In recent years, many clinicians have started to use lung ultrasound (LUS) as a diagnostic tool for a variety of pulmonary pathologies. There is sufficient evidence that supports the use of LUS in diagnosing pulmonary oedema and/or pneumonia. There are studies that also demonstrate the diagnostic value of LUS in patients with dyspnoea, pneumothorax, high-altitude pulmonary oedema and cardiogenic pulmonary oedema. In addition, LUS may also be superior to chest X-ray and comparable to chest CT scan for the diagnosis of pulmonary oedema and interstitial syndrome.
There are very few studies today that have compared LUS to pulmonary auscultation. In particular, there are no studies that have compared auscultation with LUS in the ICU setting. This study was conducted to compare the agreement of LUS with pulmonary auscultation for the detection of pulmonary oedema in acutely ill patients who were admitted to the ICU. The hypothesis of the study was that auscultation for pulmonary oedema would have insufficient agreement compared to LUS.
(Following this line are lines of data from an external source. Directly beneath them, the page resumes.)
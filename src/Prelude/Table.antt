-- ===== src/Prelude/Table.antt =====
-- An SQL table as the list of its rows, and the statements that the program sends.
pub mod Laws
pub mod Newest
pub mod Parts
use Prim.Native.Nat.{ℕ, ◌+◌}
use mathlib.Core.Bool.{Bool}
use mathlib.Core.List.{List, [], ◌∷◌}
use mathlib.Core.Option.{Option, none, some}
use caspaste.Prelude.Tests.{if◌then◌else◌}

-- What a statement came to: `none` if the database ran it, `some e` for the driver's error `e`.
abbrev pub Outcome : Type 0
Outcome = Option ℕ

module _ {ℓ} {A : Type ℓ} where
  -- `SELECT … WHERE test`, all rows.
  unfoldable pub select : (A → Bool) → List A → List A
  select test [] = []
  select test (r ∷ rs) = if test r then r ∷ select test rs else select test rs

  -- `SELECT … WHERE test`, the first row.
  unfoldable pub select_row : (A → Bool) → List A → Option A
  select_row test [] = none
  select_row test (r ∷ rs) = if test r then some r else select_row test rs

  -- `DELETE … WHERE test`.
  unfoldable pub delete : (A → Bool) → List A → List A
  delete test [] = []
  delete test (r ∷ rs) = if test r then delete test rs else r ∷ delete test rs

  -- `UPDATE … SET change WHERE test`.
  unfoldable pub update : (A → A) → (A → Bool) → List A → List A
  update change test [] = []
  update change test (r ∷ rs) = (if test r then change r else r) ∷ update change test rs

  -- The rows that a statement with this `WHERE` affects.
  unfoldable pub affected : (A → Bool) → List A → ℕ
  affected test [] = 0
  affected test (r ∷ rs) = (if test r then 1 else 0) + affected test rs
926 patients were included in the analysis. Study participants underwent clinical examination combined with lung ultrasound. This included auscultation of the bilateral regions for crepitations and rhonchi and lung ultrasound conducted according to the Bedside Lung Ultrasound in Emergency protocol.
33% of the patients fulfilled the criteria for pulmonary oedema on lung ultrasound. Auscultation was normal in 51% of these patients. 32% of the patients had audible crepitations or rhonchi upon auscultation. From 130 patients with crepitations, 66% had pulmonary oedema on lung ultrasound, and from 209 patients with rhonchi, 46% had pulmonary oedema on lung ultrasound.
Overall, these findings suggest that the agreement between auscultation and LUS for detecting pulmonary oedema is poor. The stethoscope may be the most frequently used instrument at the bedside but auscultation has a lower diagnostic accuracy for alveolar-pulmonary oedema compared to LUS. Physicians still use auscultation to detect pulmonary oedema but this study shows that auscultation may not be very reliable for detecting oedema, particularly in the ICU setting. Ultrasonography has now become easily available and clinicians could benefit from integrating this technology into their clinical practice when taking care of the critically ill.